TASK REQUIREMENTS:
Search the material below for the string "antt" and list each line that holds it.

RECORDS SUPPLIED START

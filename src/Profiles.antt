-- ===== src/Profiles.antt =====
-- modpacks/models/legacyprofile.py: profiles that are stored once for each content, with a cache of
-- their keys, their files' names and the space that they take.
pub mod Coherent
pub mod Refinement
use thunderstore.Prelude.{
  ℕ, zero, suc, ◌+◌, ◌&&◌, Option, none, some, List, [], ◌∷◌, ◌++◌, ltb, ◌==ℕ◌, if◌then◌else◌,
  length, first, Refusal, Result, Failure, validation, ok, err, does_not_exist, Text, text_eq,
}

pub record LegacyProfile : Type 0 where
  pub id : ℕ
  pub file_name : Text
  pub file_sha256 : Text
  pub file_size : ℕ

-- The table, a key that no row has, and the cache: `id_cache` by checksum, `file_cache` by key, and
-- the total size. An entry that is not there was never set, has timed out or was dropped.
pub record ProfileStore : Type 0 where
  pub profiles : List LegacyProfile
  pub fresh : ℕ
  pub id_cache : List (Text × ℕ)
  pub file_cache : List (ℕ × Text)
  pub size_cache : Option ℕ

-- What the program leaves to others: SHA-256 as a hexadecimal text, the name under which the storage
-- saves the file of a profile, and its address; and the setting LEGACYPROFILE_STORAGE_CAP
pub record ProfileSettings : Type 0 where
  pub sha256 : Text → Text
  pub saved_name : ℕ → Text
  pub url : Text → Text
  pub storage_cap : ℕ

unfoldable pub total_size : List LegacyProfile → ℕ
total_size [] = 0
total_size (p ∷ ps) = p.file_size + total_size ps

abbrev pub cached_id : Text → List (Text × ℕ) → Option ℕ
cached_id checksum [] = none
cached_id checksum ((c, id) ∷ entries) =
    if text_eq c checksum then some id else cached_id checksum entries

abbrev pub cached_name : ℕ → List (ℕ × Text) → Option Text
cached_name key [] = none
cached_name key ((i, name) ∷ entries) = if i ==ℕ key then some name else cached_name key entries

-- `get_total_used_disk_space`: a cached size of zero is computed again.
unfoldable pub get_total_used_disk_space : ProfileStore → ℕ × ProfileStore
get_total_used_disk_space s = elim s.size_cache [
  | some (suc n) ↦ (suc n, s)
  | some zero ↦ (total_size s.profiles, record s { size_cache = some (total_size s.profiles) })
  | none ↦ (total_size s.profiles, record s { size_cache = some (total_size s.profiles) })
]

module _ (settings : ProfileSettings) where
  open settings use {sha256, saved_name, url, storage_cap}

  -- `cache.set_many` after an upload
  unfoldable pub remember : LegacyProfile → Text → ProfileStore → ProfileStore
  remember p hexdigest s = record s {
    id_cache = (hexdigest, p.id) ∷ s.id_cache;
    file_cache = (p.id, p.file_name) ∷ s.file_cache;
  }

  -- `self.create`, and `cache.incr` of the size, if it is there
  unfoldable pub create_profile : Text → Text → ProfileStore → LegacyProfile × ProfileStore
  create_profile content hexdigest s =
      let p : LegacyProfile = record {
        id = s.fresh;
        file_name = saved_name s.fresh;
        file_sha256 = hexdigest;
        file_size = length content;
      } in
      (
        p,
        record s {
          profiles = s.profiles ++ p ∷ [];
          fresh = suc s.fresh;
          size_cache = elim s.size_cache [ none ↦ none | some n ↦ some (n + length content) ];
        },
      )

  -- `get_or_create_from_upload` from the test of the space on, with the space that is used
  unfoldable pub store_upload : Text → ℕ → ProfileStore → Result Refusal ℕ × ProfileStore
  unfolding create_profile remember
  store_upload content used s =
      let hexdigest = sha256 content in
      let is_content = λ (p : LegacyProfile).
        (p.file_size ==ℕ length content) && text_eq p.file_sha256 hexdigest in
      if ltb storage_cap (length content + used)
      then (
        err (
            validation
              "The server has reached maximum total storage used, and can't receive new uploads"),
        s,
      )
      else elim (cached_id hexdigest s.id_cache) [
        | some id ↦ (ok id, s)
        | none ↦ elim (first is_content s.profiles) [
          | some p ↦ (ok p.id, remember p hexdigest s)
          | none ↦
              let (p, s') = create_profile content hexdigest s in (ok p.id, remember p hexdigest s')
        ]
      ]

  -- `get_or_create_from_upload`: what the cache was told stays also on an error.
  unfoldable pub get_or_create_from_upload : Text → ProfileStore → Result Refusal ℕ × ProfileStore
  unfolding get_total_used_disk_space store_upload
  get_or_create_from_upload content s =
      let (used, s') = get_total_used_disk_space s in store_upload content used s'

  -- `get_file_url`
  unfoldable pub get_file_url : ℕ → ProfileStore → Result Failure Text × ProfileStore
  get_file_url profile_id s = elim (cached_name profile_id s.file_cache) [
    | some (c ∷ name) ↦ (ok (url (c ∷ name)), s)
    | _ ↦ elim (first (λ (p : LegacyProfile). p.id ==ℕ profile_id) s.profiles) [
      | none ↦ (err does_not_exist, s)
      | some p ↦
          (ok (url p.file_name), record s { file_cache = (profile_id, p.file_name) ∷ s.file_cache })
    ]
  ]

RECORDS SUPPLIED END

TASK ANSWER:
filename src/Profiles.antt
-- ===== src/Profiles.antt =====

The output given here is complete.